For seven years the three hills of Jinji, in present day Tamil Nadu, had tied down a mammoth force of Mughals and their resources. It bled the Imperial army and the strains were showing. Aurangzeb grimly realized that he was no match for the native genius of the Marathas. However, impelled by messengers of doom, he stubbornly refused to follow the advice of his generals, and continued the fight.
In March of 1700, the Marathas had another setback. Their King Rajaram died and his queen Tarabai was in charge. For the next seven years, Tarabai, proved her mettle as the courageous daughter of the gallant Maratha Commander-in-chief Hambeerrao Mohite. The Marathas continued their brilliant strategy of defending forts and surrendering them just before the monsoon after using up all the food and water. This tactic tied down the resources of Mughals for several months as surrendering a fort in the monsoon is no loss due to the logistics of maintaining a fort amidst torrents of flooding water bleeds more resources. As soon as possible they regained the forts often stocked with food and water by the retreating Mughal forces. Thus the Marathas responded to the siege of Sajjangad, Panhala and Vishalgad. By 1704, Aurangzeb had only a couple of forts, Torana and Raigad, after 24 years of war with humongous loss of men and material.
Marathas continued their counter offensive in the North under the bold leadership of Tarabai. The Mughal provinces tumbled one after another like dominoes as the Mughals were in no position to defend with no army and no money.
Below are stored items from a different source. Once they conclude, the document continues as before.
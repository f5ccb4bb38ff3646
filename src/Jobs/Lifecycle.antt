-- ===== src/Jobs/Lifecycle.antt =====
-- What the transition table of internal/jobs/state.go allows.
use inferbolt.Base.{ℕ, suc, ◌+◌, ◌≤◌, ◌<◌, ◌≡◌, refl, ◌↔◌, true, false, arith}
use inferbolt.Jobs.State.{
  JobState, pending, running, collecting, analyzing, completed, failed, cancelled, valid_transition,
  is_terminal,
}

-- The diagram, drawn by hand.
pub data Edge : JobState → JobState → Type 0 where
  start : Edge pending running
  collect : Edge running collecting
  analyze : Edge collecting analyzing
  finish : Edge analyzing completed
  crash_running : Edge running failed
  crash_collecting : Edge collecting failed
  crash_analyzing : Edge analyzing failed
  stop : Edge running cancelled

ruleset edges =
    (start, collect, analyze, finish, crash_running, crash_collecting, crash_analyzing, stop)

Edge-valid : {a b : JobState} → Edge a b → valid_transition a b ≡ true
unfolding valid_transition
Edge-valid start = refl
Edge-valid collect = refl
Edge-valid analyze = refl
Edge-valid finish = refl
Edge-valid crash_running = refl
Edge-valid crash_collecting = refl
Edge-valid crash_analyzing = refl
Edge-valid stop = refl

valid-Edge : (a b : JobState) → valid_transition a b ≡ true → Edge a b
unfolding valid_transition
valid-Edge pending running h = start
valid-Edge running collecting h = collect
valid-Edge running failed h = crash_running
valid-Edge running cancelled h = stop
valid-Edge collecting analyzing h = analyze
valid-Edge collecting failed h = crash_collecting
valid-Edge analyzing completed h = finish
valid-Edge analyzing failed h = crash_analyzing
valid-Edge _ _ h = cc

-- The code allows a change of state exactly when the diagram has that edge.
pub valid_transition_iff : (a b : JobState) → (valid_transition a b ≡ true) ↔ Edge a b
valid_transition_iff a b = (valid-Edge a b, Edge-valid)

-- A job is finished exactly when no state may follow its own.
is_terminal_iff :
    (s : JobState) → (is_terminal s ≡ true) ↔ ((t : JobState) → valid_transition s t ≡ false)
unfolding is_terminal valid_transition
is_terminal_iff pending = (λ h. cc, λ h. absurd (cc (h running)))
is_terminal_iff running = (λ h. cc, λ h. absurd (cc (h failed)))
is_terminal_iff collecting = (λ h. cc, λ h. absurd (cc (h failed)))
is_terminal_iff analyzing = (λ h. cc, λ h. absurd (cc (h failed)))
is_terminal_iff _ = (λ h t. refl, λ h. refl)

-- A sequence of allowed changes.
pub data Run : JobState → JobState → Type 0 where
  here : {a : JobState} → Run a a
  then : {a b c : JobState} → valid_transition a b ≡ true → Run b c → Run a c

abbrev pub steps : {a b : JobState} → Run a b → ℕ
steps here = 0
steps (then e r) = suc (steps r)

-- How many changes are left at most.
abbrev left : JobState → ℕ
left pending = 4
left running = 3
left collecting = 2
left analyzing = 1
left _ = 0

left-Edge : {a b : JobState} → Edge a b → left b < left a
left-Edge start = omega arith
left-Edge collect = omega arith
left-Edge analyze = omega arith
left-Edge finish = omega arith
left-Edge crash_running = omega arith
left-Edge crash_collecting = omega arith
left-Edge crash_analyzing = omega arith
left-Edge stop = omega arith

steps-le-left : {a b : JobState} (r : Run a b) → steps r + left b ≤ left a
steps-le-left here = omega arith
steps-le-left (then {a = a} {b = b} e r) =
    omega (arith, left-Edge (valid-Edge a b e), steps-le-left r)

left-le : (a : JobState) → left a ≤ 4
left-le pending = omega arith
left-le _ = omega arith

-- Whatever allowed changes a job goes through, there are at most four of them.
steps-le : {a b : JobState} (r : Run a b) → steps r ≤ 4
steps-le {a} r = omega (arith, steps-le-left r, left-le a)

-- From every state that is not finished a job can still fail or be completed.
Run-completed : (s : JobState) → is_terminal s ≡ false → Run s completed × Run s failed
unfolding is_terminal
Run-completed pending h = (
  then (Edge-valid start)
      (then (Edge-valid collect) (then (Edge-valid analyze) (then (Edge-valid finish) here))),
  then (Edge-valid start) (then (Edge-valid crash_running) here),
)
Run-completed running h = (
  then (Edge-valid collect) (then (Edge-valid analyze) (then (Edge-valid finish) here)),
  then (Edge-valid crash_running) here,
)
Run-completed collecting h = (
  then (Edge-valid analyze) (then (Edge-valid finish) here),
  then (Edge-valid crash_collecting) here,
)
Run-completed analyzing h = (then (Edge-valid finish) here, then (Edge-valid crash_analyzing) here)
Run-completed _ h = absurd (cc h)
The Marathas marched north meeting little resistance. In 1705, two Maratha army factions crossed the Narmada and a Maratha general Nemaji Shinde managed to reach Bhopal. Dabhade and his 8000 men defeated Mahomed Khan’s forces numbering 14000 in the West and this left the entire coast of Gujarat in Maratha hands and more supply routes were in their tight grip.
The Marathas moved fast. Dhanaji won back all the major forts in Sahyadris, Parshuram Timbak won all the forts in Satara and Parali, and Shankar Narayan took Sinhgad.
For the first time, Aurangzeb despondent and bogged down, thought of retreating. But it was too late. Dhanaji Jadhav swooped down ferociously and dismantled the rear guard of the Imperial army. Aurangzeb barely escaped with the help of Zulfikar Khan to Burhanpur. The Mighty Mughal was all alone far away from home, with no money and no resources. He died lonely and penitent on 3rd March 1707. “I hope God will forgive me one day for my disastrous sins,” were his last words. With his death, the foundation of Mughal India broke into pieces and soon disappeared. From the Deccan rose a shiny new empire, The Maratha Empire.
Thus the rule of the bloody Aurangzeb and his Islamic hordes came to an end. One man stood against the plunder, terror, loot, and forcible conversions of large swathes of India. He glared at the bigoted bully, made him repent, and drove him to his death. Yet, Shivaji, the gritty warrior, rarely gets even a passing glance in our collective subconscious. Instead, the Mughals are put on a lofty pedestal and made to occupy all our mental spaces.
But, we the people, know better. We can ill-afford to forget the mighty colossus that spared us from becoming a part of the Islamic Empire. As events have proven, the winds and waves are always on the side of people who learn from the past, to navigate the stormy seas of the present.